Italy battles drought as water rationing looms for Rome

Source: Xinhua| 2017-07-27 23:23:25|Editor: Mu Xuequan
Video PlayerClose

ROME, July 27 (Xinhua) -- Italy has been experiencing a drought for several weeks, and farmers and authorities are both sounding the alarm.

Chief of the General Confederation of Italian Agriculture (Confagricultura), Massimiliano Giansanti, ascribed the ongoing drought to climate change, and said "the lack of water for irrigation has jeopardized harvests and strongly compromised sowing" in Italy.

Confagricoltura represents 145,200 farms, 222,000 individual farmers, and 301,000 farming contractors across the country.

A week ago, Farm Minister Maurizio Martina announced emergency measures in response to the drought including activating the National Solidarity Fund for regions experiencing the exceptional climate conditions, suspending farmers' taxes and mortgage payments, summoning additional EU agricultural funds to a total 2.3 billion euros (2.68 billion U.S. dollars) by October.

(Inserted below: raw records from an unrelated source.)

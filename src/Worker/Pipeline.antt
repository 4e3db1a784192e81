-- ===== src/Worker/Pipeline.antt =====
-- internal/worker/pool.go: `PipelineOptions`, `NewPipeline`, `applyDefaults`, `Start`, `Enqueue` and
-- `Shutdown`, and the steps of the whole pipeline. The contexts of the jobs act through the stages'
-- functions, which may fail at any time.
use invoice_ocr_poc.Base.{
  Bool, true, false, not, ◌||◌, Option, none, some, List, [], ◌∷◌, ◌≡◌, Int64, is_pos, length, ltb,
  if◌then◌else◌,
}
use invoice_ocr_poc.Errors.{Ctx, Error, ctx, sentinel, worker_queue_full, pipeline_stopped}
use invoice_ocr_poc.Worker.Stage.{
  Stage, Label, quiet, emits, fails, drops, StageStep, new_stage, send, close_channel,
}

-- `PipelineOptions`, less the stages' functions and the logger.
pub record PipelineOptions : Type 0 where
  pub prep_n : Int64
  pub ocr_n : Int64
  pub jev_n : Int64
  pub ingest_buffer : Int64
  pub ocr_buffer : Int64
  pub jev_buffer : Int64
  pub job_timeout : Int64

-- `Pipeline`: each stage with the channel that it reads, and what became of the jobs.
pub record Pipeline (J : Type 0) : Type 0 where
  pub prep : Stage J
  pub ocr : Stage J
  pub jev : Stage J
  pub started : Bool
  pub stopped : Bool
  pub canceled : Bool
  pub accepted : List J
  pub done : List J
  pub failed : List J
  pub dropped : List J

abbrev at_least_one : Int64 → Int64
at_least_one n = if is_pos n then n else 1

-- 90 seconds, in nanoseconds.
abbrev default_timeout : Int64
default_timeout = 90000000000

unfoldable pub apply_defaults : PipelineOptions → PipelineOptions
apply_defaults opts = record {
  prep_n = at_least_one opts.prep_n;
  ocr_n = at_least_one opts.ocr_n;
  jev_n = at_least_one opts.jev_n;
  ingest_buffer = at_least_one opts.ingest_buffer;
  ocr_buffer = at_least_one opts.ocr_buffer;
  jev_buffer = at_least_one opts.jev_buffer;
  job_timeout = if is_pos opts.job_timeout then opts.job_timeout else default_timeout;
}

module _ {J : Type 0} where
  -- `NewPipeline` and `Start`.
  unfoldable pub start : PipelineOptions → Pipeline J
  unfolding apply_defaults new_stage
  start given =
      let opts = apply_defaults given in
      record {
        prep = new_stage opts.prep_n opts.ingest_buffer;
        ocr = new_stage opts.ocr_n opts.ocr_buffer;
        jev = new_stage opts.jev_n opts.jev_buffer;
        started = true;
        stopped = false;
        canceled = false;
        accepted = [];
        done = [];
        failed = [];
        dropped = [];
      }

  abbrev pub has_room : Stage J → Bool
  has_room s = ltb (length s.queue) s.capacity

  -- `Enqueue`. The contexts are the caller's at the entry and at the `select`; if it has ended there,
  -- the model lets it win over a channel that has room.
  unfoldable pub enqueue : Ctx → Ctx → J → Pipeline J → Pipeline J × Option Error
  unfolding send
  enqueue entry at_select j p = elim entry [
    | some c ↦ (p, some (ctx c))
    | none ↦
        if not p.started || p.stopped
        then (p, some (sentinel pipeline_stopped))
        else elim at_select [
          | some c ↦ (p, some (ctx c))
          | none ↦
              if has_room p.prep
              then (record p { prep = send j p.prep; accepted = j ∷ p.accepted }, none)
              else (p, some (sentinel worker_queue_full))
        ]
  ]

  -- The first half of `Shutdown`, which happens once.
  unfoldable pub shutdown : Pipeline J → Pipeline J
  unfolding close_channel
  shutdown p = record p { stopped = true; prep = close_channel p.prep }

  -- `jobCancel`, behind the drain's time limit.
  unfoldable pub cancel : Pipeline J → Pipeline J
  cancel p = record p { canceled = true }

  -- All workers of a stage have returned.
  abbrev pub AllLeft : Stage J → Type 0
  AllLeft s = (s.idle ≡ 0) × (s.busy ≡ [])

  -- A step in which no job is sent on.
  abbrev pub IsInner : Label J → Type 0
  IsInner quiet = Unit
  IsInner (emits j) = ⊥
  IsInner (fails j) = Unit
  IsInner (drops j) = Unit

  -- What becomes of a job that leaves a stage for the next one.
  abbrev pub log_step : Label J → Pipeline J → Pipeline J
  log_step quiet p = p
  log_step (emits j) p = p
  log_step (fails j) p = record p { failed = j ∷ p.failed }
  log_step (drops j) p = record p { dropped = j ∷ p.dropped }

-- The steps. A worker sends only if the next channel has room. The last stage has no channel to send
-- to, so its jobs end there, and none is dropped.
pub data Step {J : Type 0} : Pipeline J → Pipeline J → Type 0 where
  submit : {p : Pipeline J} (entry at_select : Ctx) (j : J) → Step p (enqueue entry at_select j p).0
  prep_sends :
      {p : Pipeline J} {j : J} {s : Stage J}
      → StageStep p.canceled p.prep (emits j) s
      → has_room p.ocr ≡ true
      → Step p (record p { prep = s; ocr = send j p.ocr })
  ocr_sends :
      {p : Pipeline J} {j : J} {s : Stage J}
      → StageStep p.canceled p.ocr (emits j) s
      → has_room p.jev ≡ true
      → Step p (record p { ocr = s; jev = send j p.jev })
  jev_ends :
      {p : Pipeline J} {j : J} {s : Stage J}
      → StageStep p.canceled p.jev (emits j) s
      → Step p (record p { jev = s; done = j ∷ p.done })
  prep_works :
      {p : Pipeline J} {l : Label J} {s : Stage J}
      → IsInner l
      → StageStep p.canceled p.prep l s
      → Step p (log_step l (record p { prep = s }))
  ocr_works :
      {p : Pipeline J} {l : Label J} {s : Stage J}
      → IsInner l
      → StageStep p.canceled p.ocr l s
      → Step p (log_step l (record p { ocr = s }))
  jev_takes :
      {p : Pipeline J} {s : Stage J}
      → StageStep p.canceled p.jev quiet s
      → Step p (record p { jev = s })
  jev_fails :
      {p : Pipeline J} {j : J} {s : Stage J}
      → StageStep p.canceled p.jev (fails j) s
      → Step p (record p { jev = s; failed = j ∷ p.failed })
  prep_closes : {p : Pipeline J} → AllLeft p.prep → Step p (record p { ocr = close_channel p.ocr })
  ocr_closes : {p : Pipeline J} → AllLeft p.ocr → Step p (record p { jev = close_channel p.jev })
  shuts_down : {p : Pipeline J} → Step p (shutdown p)
  cancels : {p : Pipeline J} → p.stopped ≡ true → Step p (cancel p)

-- The pipelines that come about from a start with given options.
pub data Reachable {J : Type 0} (opts : PipelineOptions) : Pipeline J → Type 0 where
  begin : Reachable opts (start opts)
  then_step : {p q : Pipeline J} → Reachable opts p → Step p q → Reachable opts q
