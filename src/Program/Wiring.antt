-- ===== src/Program/Wiring.antt =====
-- cmd/api/main.go: the pipeline that `run` makes of the settings that `config.Load` accepts.
use invoice_ocr_poc.Base.{
  String, subst, if◌then◌else◌, ◌≡◌, refl, Int64, is_pos, arith, Option, none, some,
}
use invoice_ocr_poc.Errors.{Error, Result, ok, err}
use invoice_ocr_poc.Float.{Float}
use invoice_ocr_poc.Strings.{codes}
use invoice_ocr_poc.Config.Fields.{Config, Viper}
use invoice_ocr_poc.Config.Dotenv.{Files, dotenv_value}
use invoice_ocr_poc.Config.Load.{keys, bind_all, read_config}
use invoice_ocr_poc.Config.Validate.{
  Format, refusal, accept, checks, validate, merge_onto_defaults, finish, load,
}
use invoice_ocr_poc.Config.Validate.Ranges.{IsValid, IsPositive}
use invoice_ocr_poc.Config.Validate.Equivalence.{validate-IsValid}
use invoice_ocr_poc.Worker.Pipeline.{PipelineOptions, apply_defaults}

-- The options of the pipeline, less the stages' functions and the logger.
unfoldable pub pipeline_options : {F : Type 0} → Config F → PipelineOptions
pipeline_options cfg = record {
  prep_n = cfg.prep_workers;
  ocr_n = cfg.worker_count_local;
  jev_n = cfg.worker_count_api;
  ingest_buffer = cfg.ingest_buffer;
  ocr_buffer = cfg.ocr_buffer;
  jev_buffer = cfg.jev_buffer;
  job_timeout = cfg.job_timeout;
}

accept-same {ℓ} :
    {A : Type ℓ} (o : Option Error) (a b : A) → accept o a ≡ ok b → (a ≡ b) × (accept o a ≡ ok a)
accept-same none a b h = (cc, refl)
accept-same (some e) a b h = absurd (cc h)

kept : (n fallback : Int64) → IsPositive n → (if is_pos n then n else fallback) ≡ n
kept n fallback h = ground arith

module _ {F V : Type 0} ⦃d : Float F⦄ (w : Viper F V) (fm : Format F) where
  validate-same : (v : V) (c b : Config F) → validate w fm v c ≡ ok b → IsValid b
  unfolding validate
  validate-same v c b h =
      let (same, accepted) = accept-same (refusal (checks w fm v c)) c b h in
      subst IsValid same ((validate-IsValid w fm v c).0 accepted)

  finish-IsValid :
      (fs : Files) (merged : Result (String × V)) (c : Config F)
      → finish w fm fs merged ≡ ok c
      → IsValid c
  finish-IsValid fs (ok (path, v)) c h =
      validate-same v
        (read_config w (dotenv_value fs path (codes "TYPESAFE_API_KEY"))
          (dotenv_value fs path (codes "OPENROUTER_API_KEY")) v)
        c h
  finish-IsValid fs (err e) c h = absurd (cc h)

  pub load-IsValid : (fs : Files) (c : Config F) → load w fm fs ≡ ok c → IsValid c
  unfolding load
  load-IsValid fs c h =
      finish-IsValid fs (merge_onto_defaults w fm fs (bind_all w keys w.fresh)) c h

  -- A pipeline that is made of settings which `Load` accepted prepares with PREP_WORKERS, reads with the
  -- local worker count and judges with the API worker count, has the channels' sizes INGEST_BUFFER,
  -- OCR_BUFFER and JEV_BUFFER, and the job's time limit, all of the settings: none is replaced by a
  -- default of the pipeline.
  pub load-pipeline_options :
      (fs : Files) (c : Config F)
      → load w fm fs ≡ ok c
      → apply_defaults (pipeline_options c) ≡ record {
        prep_n = c.prep_workers;
        ocr_n = c.worker_count_local;
        jev_n = c.worker_count_api;
        ingest_buffer = c.ingest_buffer;
        ocr_buffer = c.ocr_buffer;
        jev_buffer = c.jev_buffer;
        job_timeout = c.job_timeout;
      }
  unfolding apply_defaults pipeline_options
  load-pipeline_options fs c h =
      let (
        h0,
        (
          h1,
          (
            h2,
            (
              prep,
              (
                h4,
                (
                  h5,
                  (ingest, (ocr, (jev, (time, (h10, (h11, (h12, (h13, (local, (api, rest)))))))))),
                ),
              ),
            ),
          ),
        ),
      ) =
        (load-IsValid fs c h).positive in
      simp (
        kept c.prep_workers 1 prep,
        kept c.worker_count_local 1 local,
        kept c.worker_count_api 1 api,
        kept c.ingest_buffer 1 ingest,
        kept c.ocr_buffer 1 ocr,
        kept c.jev_buffer 1 jev,
        kept c.job_timeout 90000000000 time,
      )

There is also a plan to put out a tender for a 700-million-euro contract to overhaul the country's water supply systems that date back 30 years.

The deadline for that tender is Aug. 31, Martina said in a statement. "This is necessary in the medium term, in view of the increasing effects of climate change on our production," the minister said.

Also on Thursday, Environment Minister Gian Luca Galletti said regional and local authorities were working to avoid water rationing in the nation's capital.

"(Rationing) is not acceptable," Italian news agency Ansa quoted the minister as saying. "The Rome situation is the one we are most worried about at the moment...The objective is to avoid rationing."

The average yearly temperature in Italy marked a new record in 2016, rising by 1.35 degrees Celsius compared to the period from 1961 to 1990, according to the farm ministry.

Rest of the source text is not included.